I had meant to come down early, so we could walk around Brighton Beach and the Russian neighborhood there—Smoked fish and dried fruit and black tea, Peter had promised. Tall thin Russian mafiosa women in spike heels and cheap furs—but I hadn't realized that the B Line runs only on weekdays and so wasted half an hour sitting around the Prospect Park station for a train that never came. So we only walked down to the boardwalk and looked out at the sea combing into the shore, but the sky was cloudless and brilliant and the wind came off the sea and tore down the streets smelling of salt, and it was beautiful. Somewhere in Brooklyn is still the pharmacy that my great-grandfather Bernie (of the story that [livejournal.com profile] gaudior had me tell) owned, where my grandmother played with beads of mercury as a child. I kept thinking Brighton Beach Memoirs. You could see Coney Island if you looked off to your right.
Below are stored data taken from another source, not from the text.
-- ===== src/Dashboard/Pages.antt =====
-- supervictor/endpoint/src/ui/views.rs and ui/mod.rs: the two pages and the handlers that answer with
-- them. `as_i64` is that of serde_json; `get` reads a header of the request.
use super_victor.Prelude.{
  ℕ, ◌-◌, ◌^◌, ◌%◌, Option, none, some, List, [], ◌∷◌, ◌++◌, ltb, leb, if◌then◌else◌, length, ◌>>=◌,
}
use super_victor.Prelude.Text.{Text, codes}
use super_victor.Prelude.Decimal.{decimal}
use super_victor.Prelude.Int.{ℤ, pos, negsuc}
use super_victor.Exec.{Exec, pure, raise}
use super_victor.Exec
use super_victor.Json.{SerdeJson}
use super_victor.Models.{DeviceRecord, UplinkRecord, device_not_found}
use super_victor.Store.{DeviceStore}
use super_victor.Middleware.{extract_client_subject}
use super_victor.Dashboard.{FleetRow, ensure_csrf, fleet_rows}
use super_victor.Dashboard.Views.{
  Markup, nothing, ◌<>◌, say, el, class, input, hidden, badge, layout, status_form, shown_or,
  fleet_row, each, heads,
}

unfoldable pub register_form : Text → Markup
register_form csrf = el (codes "fieldset") [] (
    el (codes "legend") [] (say (codes "register device"))
    <> el (codes "form")
        ((codes "method", codes "post") ∷ (codes "action", codes "/ui/devices") ∷ [])
        (hidden (codes "csrf") csrf
          <> input (codes "text") (
              (codes "name", codes "device_id")
              ∷ (codes "placeholder", codes "device id")
              ∷ (codes "required", [])
              ∷ [])
          <> input (codes "text") (
              (codes "name", codes "owner_id")
              ∷ (codes "placeholder", codes "owner id")
              ∷ (codes "required", [])
              ∷ [])
          <> input (codes "text") (
              (codes "name", codes "subject_dn")
              ∷ (codes "placeholder", codes "subject DN (optional)")
              ∷ [])
          <> el (codes "button") ((codes "type", codes "submit") ∷ []) (say (codes "register"))))

abbrev columns : List Text
columns =
    codes "device"
    ∷ codes "status"
    ∷ codes "owner"
    ∷ codes "last uplink"
    ∷ codes "freshness"
    ∷ codes "actions"
    ∷ []

unfoldable pub fleet_page : List FleetRow → Text → Text → Markup
unfolding layout fleet_row each register_form
fleet_page rows csrf subject = layout (codes "fleet") subject (
    el (codes "h2") [] (say (decimal (length rows)) <> say (codes " device(s)"))
    <> el (codes "table") [] (
        el (codes "thead") [] (el (codes "tr") [] (heads columns))
        <> el (codes "tbody") [] (each (fleet_row csrf) rows))
    <> register_form csrf)

-- `v as i32`
unfoldable pub to_i32 : ℤ → ℤ
to_i32 v =
    let n : ℕ = elim v [ pos n ↦ n % 2 ^ 32 | negsuc n ↦ 2 ^ 32 - 1 - n % 2 ^ 32 ] in
    if ltb n (2 ^ 31) then pos n else negsuc (2 ^ 32 - n - 1)

-- The tag and its points.
unfoldable pub sparkline : (List ℤ → Text) → List ℤ → Markup
sparkline points values =
    el (codes "svg")
      (class (codes "sparkline")
        ∷ (codes "width", codes "240")
        ∷ (codes "height", codes "48")
        ∷ (codes "viewBox", codes "0 0 240 48")
        ∷ (codes "role", codes "img")
        ∷ [])
      (el (codes "polyline") ((codes "points", points values) ∷ []) nothing)

module _ {V : Type 0} (json : SerdeJson V) (as_i64 : V → Option ℤ) (points : List ℤ → Text) where
  -- The readings of the uplinks in reverse.
  unfoldable pub currents : List (UplinkRecord V) → List ℤ
  unfolding to_i32
  currents [] = []
  currents (u ∷ us) = currents us ++ (elim (json.get u.payload (codes "current") >>= as_i64) [
    | some v ↦ to_i32 v ∷ []
    | none ↦ []
  ])

  unfoldable pub payload_row : UplinkRecord V → Markup
  payload_row uplink = el (codes "tr") [] (
      el (codes "td") [] (say uplink.received_at)
      <> el (codes "td") [] (el (codes "code") [] (say (json.to_string uplink.payload))))

  -- The chart, from two readings on.
  unfoldable pub chart : List ℤ → Markup
  unfolding sparkline
  chart values =
      if leb 2 (length values)
      then el (codes "h2") [] (say (codes "recent current readings")) <> sparkline points values
      else nothing

  unfoldable pub uplink_table : List (UplinkRecord V) → Markup
  unfolding payload_row each
  uplink_table [] = el (codes "p") [] (say (codes "no uplinks recorded"))
  uplink_table (u ∷ us) = el (codes "table") [] (
      el (codes "thead") [] (el (codes "tr") [] (heads (codes "received" ∷ codes "payload" ∷ [])))
      <> el (codes "tbody") [] (each payload_row (u ∷ us)))

  unfoldable pub device_page : DeviceRecord → List (UplinkRecord V) → Text → Text → Markup
  unfolding currents chart uplink_table layout status_form shown_or
  device_page device uplinks csrf subject = layout device.device_id subject (
      el (codes "h2") [] (say device.device_id)
      <> el (codes "dl") (class (codes "meta") ∷ []) (
          el (codes "dt") [] (say (codes "status"))
          <> el (codes "dd") []
              (badge (codes "badge") device.status <> say (codes " ") <> status_form device csrf)
          <> el (codes "dt") [] (say (codes "owner"))
          <> el (codes "dd") [] (say device.owner_id)
          <> el (codes "dt") [] (say (codes "cert subject"))
          <> el (codes "dd") [] (say (shown_or device.subject_dn (codes "—")))
          <> el (codes "dt") [] (say (codes "registered"))
          <> el (codes "dd") [] (say device.created_at))
      <> chart (currents uplinks)
      <> el (codes "h2") [] (say (codes "uplinks"))
      <> uplink_table uplinks)

-- A page with the `Set-Cookie` header that comes with it.
pub record Page : Type 0 where
  pub set_cookie : Option Text
  pub body : Markup

unfoldable pub subject_of : {V : Type 0} → SerdeJson V → (Text → Option Text) → Text
unfolding shown_or
subject_of json get = shown_or (extract_client_subject json get) (codes "unknown")

module _ {V S : Type 0} (json : SerdeJson V) (st : DeviceStore V S) (get : Text → Option Text)
    (cookies : List (Option Text)) (fresh : Text) where
  unfoldable pub fleet : Option (ℕ × ℕ) → Exec S V Page
  unfolding fleet_page ensure_csrf subject_of
  fleet now = Exec.◌>>=◌ (fleet_rows json st now) λ rows.
      let (token, set_cookie) = ensure_csrf cookies fresh in
      pure (record { set_cookie = set_cookie; body = fleet_page rows token (subject_of json get) })

  module _ (as_i64 : V → Option ℤ) (points : List ℤ → Text) where
    unfoldable pub device_detail : Text → Exec S V Page
    unfolding device_page ensure_csrf subject_of
    device_detail id = Exec.◌>>=◌ (st.get_device id) λ found. elim found [
      | some device ↦ Exec.◌>>=◌ (st.get_uplinks id 20) λ uplinks.
          let (token, set_cookie) = ensure_csrf cookies fresh in
          pure (record {
            set_cookie = set_cookie;
            body = device_page json as_i64 points device uplinks token (subject_of json get);
          })
      | none ↦ raise (device_not_found id)
    ]
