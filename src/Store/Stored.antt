-- ===== src/Store/Stored.antt =====
-- What the backends store: the devices, and the uplinks with their payloads as text; and the registry
-- that its callers see, with the payloads parsed, for supervictor/endpoint/src/store/sqlite.rs and
-- supervictor/endpoint/src/store/dynamo.rs.
use super_victor.Prelude.{◌≡◌, refl, ap, true, List, [], ◌∷◌, map, All, inl, inr, Bool-cases}
use super_victor.Prelude.Text.{Text, ◌≟◌}
use super_victor.Json.{Parsed, value, invalid, SerdeJson}
use super_victor.Models.{UplinkRecord}
use super_victor.Store.Contract.{Registry, uplinks_of, IsNewestFirst, Occurs, IsNewest}
use super_victor.Prelude.Order.{le_text}
use super_victor.Store.Contract

abbrev pub Tables : Type 0
Tables = Registry Text

abbrev pub unwrap_or : {V : Type 0} → Parsed V → V → V
unwrap_or (value v) w = v
unwrap_or (invalid _) w = w

-- `serde_json::from_str(…).unwrap_or(Value::Null)`
unfoldable pub payload_of_text : {V : Type 0} → SerdeJson V → Text → V
payload_of_text json t = unwrap_or (json.value_from_str t) json.null

-- An uplink as the backend's callers see it.
unfoldable pub decode : {V : Type 0} → SerdeJson V → UplinkRecord Text → UplinkRecord V
decode json u = record {
  device_id = u.device_id;
  received_at = u.received_at;
  payload = payload_of_text json u.payload;
}

-- The registry that the tables stand for.
unfoldable pub registry : {V : Type 0} → SerdeJson V → Tables → Registry V
registry json t = record { devices = t.devices; uplinks = map (decode json) t.uplinks }

module _ {V : Type 0} (json : SerdeJson V) where
  -- The text of a payload is decoded to it.
  pub decode-payload :
      (u : UplinkRecord V) (p : Text)
      → json.value_from_str p ≡ value u.payload
      → decode json (record { device_id = u.device_id; received_at = u.received_at; payload = p })
        ≡ u
  unfolding decode payload_of_text
  decode-payload u p e =
      ap
        (λ r. record {
          device_id = u.device_id;
          received_at = u.received_at;
          payload = unwrap_or r json.null;
        })
        e

  pub uplinks_of-decode :
      (id : Text) (us : List (UplinkRecord Text))
      → uplinks_of id (map (decode json) us) ≡ map (decode json) (uplinks_of id us)
  unfolding decode
  uplinks_of-decode id [] = refl
  uplinks_of-decode id (u ∷ us) = elim (Bool-cases (u.device_id ≟ id)) [
    | inl e ↦ rw (e, uplinks_of-decode id us) refl
    | inr e ↦ rw (e, uplinks_of-decode id us) refl
  ]

  pub All-decode :
      (P : Text → Text → Type 0) (us : List (UplinkRecord Text))
      → All (λ u. P u.device_id u.received_at) us
      → All (λ u. P u.device_id u.received_at) (map (decode json) us)
  unfolding decode
  All-decode P [] h = tt
  All-decode P (u ∷ us) h = (h.0, All-decode P us h.1)

  pub IsNewestFirst-decode :
      (us : List (UplinkRecord Text)) → IsNewestFirst us → IsNewestFirst (map (decode json) us)
  unfolding decode
  IsNewestFirst-decode [] h = tt
  IsNewestFirst-decode (u ∷ us) (h, hs) =
      (All-decode (λ _ t. le_text t u.received_at ≡ true) us h, IsNewestFirst-decode us hs)

  pub Occurs-decode :
      (u : UplinkRecord Text) (us : List (UplinkRecord Text))
      → Occurs u us
      → Occurs (decode json u) (map (decode json) us)
  Occurs-decode u _ (Contract.here y xs e) = Contract.here _ _ (ap (decode json) e)
  Occurs-decode u _ (Contract.there y xs p) = Contract.there _ _ (Occurs-decode u xs p)

  -- An uplink of the registry is one of the table.
  pub Occurs-encode :
      (v : UplinkRecord V) (us : List (UplinkRecord Text))
      → Occurs v (map (decode json) us)
      → (u : UplinkRecord Text) × Occurs u us × (v ≡ decode json u)
  Occurs-encode v [] p = elim p [ ]
  Occurs-encode v (u ∷ us) (Contract.here _ _ e) = (u, Contract.here u us refl, e)
  Occurs-encode v (u ∷ us) (Contract.there _ _ p) =
      let (w, q, e) = Occurs-encode v us p in (w, Contract.there u us q, e)

  pub All-IsNewest :
      (all us : List (UplinkRecord Text))
      → All (λ u. IsNewest u all) us
      → All (λ u. IsNewest u (map (decode json) all)) (map (decode json) us)
  unfolding decode
  All-IsNewest all [] h = tt
  All-IsNewest all (u ∷ us) (h, hs) = (
    record {
      occurs = Occurs-decode u all h.occurs;
      newest = All-decode (λ id t. id ≡ u.device_id → le_text t u.received_at ≡ true) all h.newest;
    },
    All-IsNewest all us hs,
  )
Peter and Stephen were driving back to Vermont that night, so they agreed to give me a ride home to New Haven; and after the show, it was demonstrated to me that you can fit just about anything in the world into or on top of a Volvo station wagon, including (but not limited to) the entire set, five suitcases, a single tennis racquet, and an ironing board. We then promptly spent something like an hour in gridlocked traffic waiting to go over the Whitestone Bridge. But eventually we made it out onto the open highway, and listened to Carol Noonan, Déanta, and the Incredible String Band all the way here. (I suspect "Maya" makes much more sense if you've dropped acid first.) I had about as much space left for a seat as the room my laptop takes up on my desk, and bits of the set kept sliding over and trying to decapitate me when I was napping, but it was good.

I need to see more Gould & Stearns shows.

I need to visit Brighton Beach again.